When this Austin aesthetic clinic came to us, they had a solid injector team and a loyal core base — but revenue had plateaued at around $45,000 per month for over a year. Their instinct was to spend more on Google Ads. Our instinct was to look at the patient database first.
The audit
The practice had 2,847 patients in their CRM. Of those, only 312 had visited in the last 90 days. That left 2,535 patients who had visited at some point, spent money, and then quietly disappeared from the calendar. No follow-up sequence existed. No reactivation had ever been run.
We segmented the dormant list into three tiers based on recency and historical spend, then built a sequenced outreach campaign for each tier.
The campaign structure
Tier 1 — Lapsed VIPs (6–18 months, high spend)

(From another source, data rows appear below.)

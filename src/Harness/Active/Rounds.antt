-- ===== src/Harness/Active/Rounds.antt =====
-- paw_kit/test/active.py: a round of teacher queries, and the loop over the rounds.
use paw_toolkit.Prelude.{
  ℕ, suc, ◌+◌, ◌-◌, String, List, [], ◌∷◌, ◌++◌, Option, none, some, Bool, true, not, str_eq,
  if◌then◌else◌, length, take, is_some, lookup, ◌==◌,
}
use paw_toolkit.Jit.Outcome.{Result, ok, raised}
use paw_toolkit.Jit.Agreement.{ℤ}
use paw_toolkit.Harness.Suite.{TestSuiteConfig}
use paw_toolkit.Harness.Fuzzer.{contains}
use paw_toolkit.Harness.Assertions.{Reason}
use paw_toolkit.Harness.Runner.Report.{TestRunReport}
use paw_toolkit.Harness.Active.{
  World, Example, TeacherQueryResult, RejectedLabel, query_teacher_safely, upsert_example,
  rejected_label,
}

-- What a round of queries collects.
pub record Round : Type 0 where
  pub dataset : List Example
  pub accepted_inputs : List String
  pub teacher_errors : ℕ
  pub rejected_labels : List RejectedLabel

-- A set of texts, in the order they came: `add`, and `|=`.
abbrev pub add : String → List String → List String
add s set = if contains s set then set else set ++ (s ∷ [])

abbrev pub union : List String → List String → List String
union set [] = set
union set (s ∷ ss) = union (add s set) ss

-- `xs[:n]`
abbrev pub slice_to {ℓ} : {A : Type ℓ} → ℤ → List A → List A
slice_to (ℤ.pos n) xs = take n xs
slice_to (ℤ.negsuc n) xs = take (length xs - suc n) xs

pub data Stuck : Type 0 where
  no_falsifiable_failures no_failures teacher_errors all_labels_rejected no_new_examples : Stuck
  iterations_exhausted : Stuck

abbrev pub one_if_error : TeacherQueryResult → ℕ
one_if_error r = if is_some r.teacher_error then 1 else 0

abbrev pub with_answer : String → TeacherQueryResult → Round → Option String → Round
with_answer inp r round (some label) = record {
  dataset = upsert_example round.dataset inp label;
  accepted_inputs = add inp round.accepted_inputs;
  teacher_errors = round.teacher_errors;
  rejected_labels = round.rejected_labels;
}
with_answer inp r round none = record {
  dataset = round.dataset;
  accepted_inputs = round.accepted_inputs;
  teacher_errors = round.teacher_errors + one_if_error r;
  rejected_labels = round.rejected_labels ++ (rejected_label inp r ∷ []);
}

abbrev pub answered_with : String → TeacherQueryResult → Round → Round
answered_with inp r round = with_answer inp r round r.gold_label

-- The state of the loop between two iterations.
pub record LoopState : Type 0 where
  pub dataset : List Example
  pub iteration_reports : List TestRunReport
  pub total_repaired : ℕ
  pub rejected_labels : List RejectedLabel
  pub recompiled : Bool
  pub recompiles_performed : ℕ
  pub recompiles_skipped : ℕ
  pub stuck_reason : Option Stuck
  pub skipped_inputs : List String
  pub repaired_inputs : List String
  pub last_compiled_fingerprint : Option String
  pub recompiled_after_iteration : List Bool

abbrev pub Failing : Type 0
Failing = String × String × List (String × Reason)

-- The inputs of the failing rows, split by whether an answer key is known.
abbrev pub eligible_inputs : List (String × String) → List Failing → List String
eligible_inputs keys [] = []
eligible_inputs keys ((inp, out, reasons) ∷ rows) =
    if is_some (lookup inp keys) then inp ∷ eligible_inputs keys rows else eligible_inputs keys rows

abbrev pub unfalsifiable_inputs : List (String × String) → List Failing → List String
unfalsifiable_inputs keys [] = []
unfalsifiable_inputs keys ((inp, out, reasons) ∷ rows) =
    if is_some (lookup inp keys)
    then unfalsifiable_inputs keys rows
    else inp ∷ unfalsifiable_inputs keys rows

abbrev pub is_none_or_other : Option String → String → Bool
is_none_or_other none s = true
is_none_or_other (some t) s = not (str_eq s t)

module _ {F W : Type 0} (world : World F W) (config : TestSuiteConfig F)
    (keys : List (String × String)) where
  abbrev pub next_query :
      Result TeacherQueryResult → W → (TeacherQueryResult → Result Round × W) → Result Round × W
  next_query (ok r) w f = f r
  next_query (raised e) w f = (raised e, w)

  -- The loop over the queried inputs.
  unfoldable pub query_all : List String → Round → W → Result Round × W
  unfolding query_teacher_safely
  query_all [] round w = (ok round, w)
  query_all (inp ∷ inputs) round w =
      let queried = query_teacher_safely world config inp (lookup inp keys) w in
      next_query queried.0 queried.1 λ r. query_all inputs (answered_with inp r round) queried.1

  -- Why no new program came of a round, or nothing where one did.
  abbrev pub stuck_after : ℕ → ℕ → ℕ → Bool → Bool → Option Stuck
  stuck_after queried newly_repaired errors any_skipped needs_compile =
      if queried == 0
      then some (if any_skipped then Stuck.no_falsifiable_failures else Stuck.no_failures)
      else if newly_repaired == 0
      then some (if errors == queried then Stuck.teacher_errors else Stuck.all_labels_rejected)
      else if not needs_compile
      then some Stuck.no_new_examples
      else none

A personal-feeling SMS and email sequence from the owner. Subject line: 'It has been a while — wanted to check in.' No discount. Just acknowledgment and a simple one-click booking link. This tier converted at 22%.
Tier 2 — Mid-tier lapsed (6–24 months, moderate spend)
A three-touch sequence over two weeks. First touch: treatment update (new services since their last visit). Second touch: limited availability message. Third touch: an exclusive returning-client offer for bundled units. This tier converted at 14%.
Tier 3 — Cold list (2+ years, single visit)
A short reintroduction with a before/after focus and social proof. Lower expectations, but still produced a 7% rebooking rate from a segment most practices write off entirely.
The results
- Total revenue generated in 30 days from reactivation alone: $84,200
- New appointments booked: 213
- Average ticket on reactivated patients: $395
- Ad spend required: $0
“Your best new clients are often already in your database. They just need to be invited back.”
What this means for your practice
The math works at almost any scale. Even a practice with 500 dormant patients at a modest 10% conversion rate and a $300 average ticket generates $15,000 in found revenue — from zero new ad spend. Most practices sit on this opportunity indefinitely because building the campaign feels complicated. It does not have to be.